ABOUT THIS TASK ▸ Copy all lines containing the string "else" from the records below.

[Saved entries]
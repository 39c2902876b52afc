-- ===== src/Store/Queue/HeldInventory.antt =====
-- The statements of internal/store on replaced files, ranked instances, configured languages and
-- forgotten instances other than its own leave a search to the job that holds it.
use subsyncd.Common.{
  ℕ, Bool, List, ◌≡◌, Bool-cases, if◌then◌else◌, false, true, any, keep, ◌++◌, ap, inl, refl, ◌∷◌,
  not, ==_iff, inr, [], arith, and_left, subst, ◌==◌, ◌∙◌, ◌&&◌,
}
use subsyncd.Common.Text.{String, str_eq}
use subsyncd.Common.Time.{Instant}
use subsyncd.Store.Queue.Rows.{
  SearchRow, Media, QueueOrder, is_row, MediaRow, no_resume, new_row, missing_priority,
  update_where,
}
use subsyncd.Store.Queue.Inventory.{
  clear_media_resume, schedule_replaced_media, forget_searches, backfill_row,
  set_instance_queue_priorities, reorder_media, ensure_configured_language_searches, again_row,
  in_instance, ensure-keeps, rank_row,
}
use subsyncd.Store.Queue.HeldChanges.{Held, update_where-Held, upsert-Held}
use subsyncd.Store.Queue.Shape.{all_rows}
use subsyncd.Store.Queue.Holding.{same-guards, guards}
use subsyncd.Store.Queue.Changes.{complete_new}

module _ (id : ℕ) (language job : String) (until : Instant) where
  pub clear_media_resume-Held :
      (media_id : ℕ) (rows : List SearchRow)
      → Held id language job until rows
      → Held id language job until (clear_media_resume media_id rows)
  unfolding clear_media_resume
  clear_media_resume-Held media_id rows h =
      update_where-Held id language job until _ no_resume (λ r. (refl, refl))
        (same-guards id language job until _ no_resume (λ r. (refl, refl)) (λ r. (refl, refl))) rows
        h

  pub schedule_replaced_media-Held :
      (media_id : ℕ) (installed : List String) (now : Instant) (rows : List SearchRow)
      → Held id language job until rows
      → Held id language job until (schedule_replaced_media media_id installed now rows)
  unfolding schedule_replaced_media again_row
  schedule_replaced_media-Held media_id installed now rows h =
      update_where-Held id language job until _ (again_row now) (λ r. (refl, refl))
        (same-guards id language job until _ (again_row now) (λ r. (refl, refl))
          (λ r. (refl, refl)))
        rows h

  pub rank_instances-Held :
      (media : Media) (rank : String → ℕ) (rows : List SearchRow)
      → Held id language job until rows
      → Held id language job until (set_instance_queue_priorities media rank rows)
  unfolding set_instance_queue_priorities
  rank_instances-Held media rank rows h =
      update_where-Held id language job until (λ _. true) (rank_row media rank) (λ r. (refl, refl))
        (same-guards id language job until (λ _. true) (rank_row media rank) (λ r. (refl, refl))
          (λ r. (refl, refl)))
        rows h

  pub reorder_media-Held :
      (media_id : ℕ) (o : QueueOrder) (rows : List SearchRow)
      → Held id language job until rows
      → Held id language job until (reorder_media media_id o rows)
  unfolding reorder_media
  reorder_media-Held media_id o rows h =
      update_where-Held id language job until _ _ (λ r. (refl, refl))
        (same-guards id language job until _ _ (λ r. (refl, refl)) (λ r. (refl, refl))) rows h

  all-keep :
      (g p : SearchRow → Bool) (rows : List SearchRow)
      → all_rows g rows ≡ true
      → all_rows g (keep p rows) ≡ true
  all-keep g p [] h = h
  all-keep g p (r ∷ rows) h = ground (arith, all-keep g p rows)

  -- A search whose rows are all kept.
  any-keep :
      (p : SearchRow → Bool)
      → ((r : SearchRow) → is_row id language r ≡ true → p r ≡ true)
      → (rows : List SearchRow) → any (is_row id language) rows ≡ true
      → any (is_row id language) (keep p rows) ≡ true
  any-keep p f [] h = h
  any-keep p f (r ∷ rows) h = elim (Bool-cases (is_row id language r)) [
    | inl y ↦ rw (f r y, y) refl
    | inr n ↦
        let later : any (is_row id language) rows ≡ true =
          subst (λ b. (if b then true else any (is_row id language) rows) ≡ true) n h in
        elim (Bool-cases (p r)) [
          | inl k ↦ rw (k, n) (any-keep p f rows later)
          | inr d ↦ rw d (any-keep p f rows later)
        ]
  ]

  pub forget_searches-Held :
      (media : Media) (name : String) (rows : List SearchRow)
      → in_instance media name id ≡ false
      → Held id language job until rows
      → Held id language job until (forget_searches media name rows)
  unfolding forget_searches
  forget_searches-Held media name rows other h = record {
    present =
        any-keep _
          (λ r y. ap not (
            ap (in_instance media name) (
              (==_iff r.media_id id).0 (and_left (r.media_id == id) (str_eq r.language language) y))
            ∙ other))
          rows h.present;
    guarded = all-keep (guards id language job until) _ rows h.guarded;
  }

  insert-Held :
      (new : SearchRow) (rows : List SearchRow)
      → Held id language job until rows
      → Held id language job until
          (if any (is_row new.media_id new.language) rows then rows else rows ++ new ∷ [])
  insert-Held new rows h = elim (Bool-cases (any (is_row new.media_id new.language) rows)) [
    | inl y ↦ rw y h
    | inr n ↦
        let kept =
          upsert-Held id language job until new (λ _. false) (λ r. r) (λ r. (refl, refl))
            (same-guards id language job until _ (λ r. r) (λ r. (refl, refl)) (λ r. (refl, refl)))
            rows h in
        rw n (
          subst
            (λ (b : Bool). Held id language job until (
              if b
              then update_where (λ r. is_row new.media_id new.language r && false) (λ r. r) rows
              else rows ++ new ∷ []))
            n kept)
  ]

  backfill_row-Held :
      (now : Instant) (o : QueueOrder) (media_id : ℕ) (lang : String) (m : MediaRow)
      (rows : List SearchRow)
      → Held id language job until rows
      → Held id language job until (backfill_row o media_id lang now m rows)
  unfolding backfill_row
  backfill_row-Held now o media_id lang m rows h =
      elim (Bool-cases (str_eq m.unsupported_reason "")) [
        | inl y ↦ rw y (insert-Held (new_row o media_id lang now missing_priority) rows h)
        | inr n ↦ rw n (
            insert-Held
              (complete_new m.unsupported_reason (new_row o media_id lang now missing_priority))
              rows h)
      ]

  pub backfill-Held :
      (media : Media) (ids : List (ℕ × QueueOrder)) (instances languages : List String)
      (now : Instant) (rows : List SearchRow)
      → Held id language job until rows
      → Held id language job until
          (ensure_configured_language_searches media ids instances languages now rows).0
  unfolding ensure_configured_language_searches
  backfill-Held media ids instances languages now rows h =
      ensure-keeps (Held id language job until) media now (backfill_row-Held now) ids instances
        languages rows h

WRITTEN ANSWER ▸
  ℕ, Bool, List, ◌≡◌, Bool-cases, if◌then◌else◌, false, true, any, keep, ◌++◌, ap, inl, refl, ◌∷◌,
          subst (λ b. (if b then true else any (is_row id language) rows) ≡ true) n h in
          (if any (is_row new.media_id new.language) rows then rows else rows ++ new ∷ [])
              else rows ++ new ∷ []))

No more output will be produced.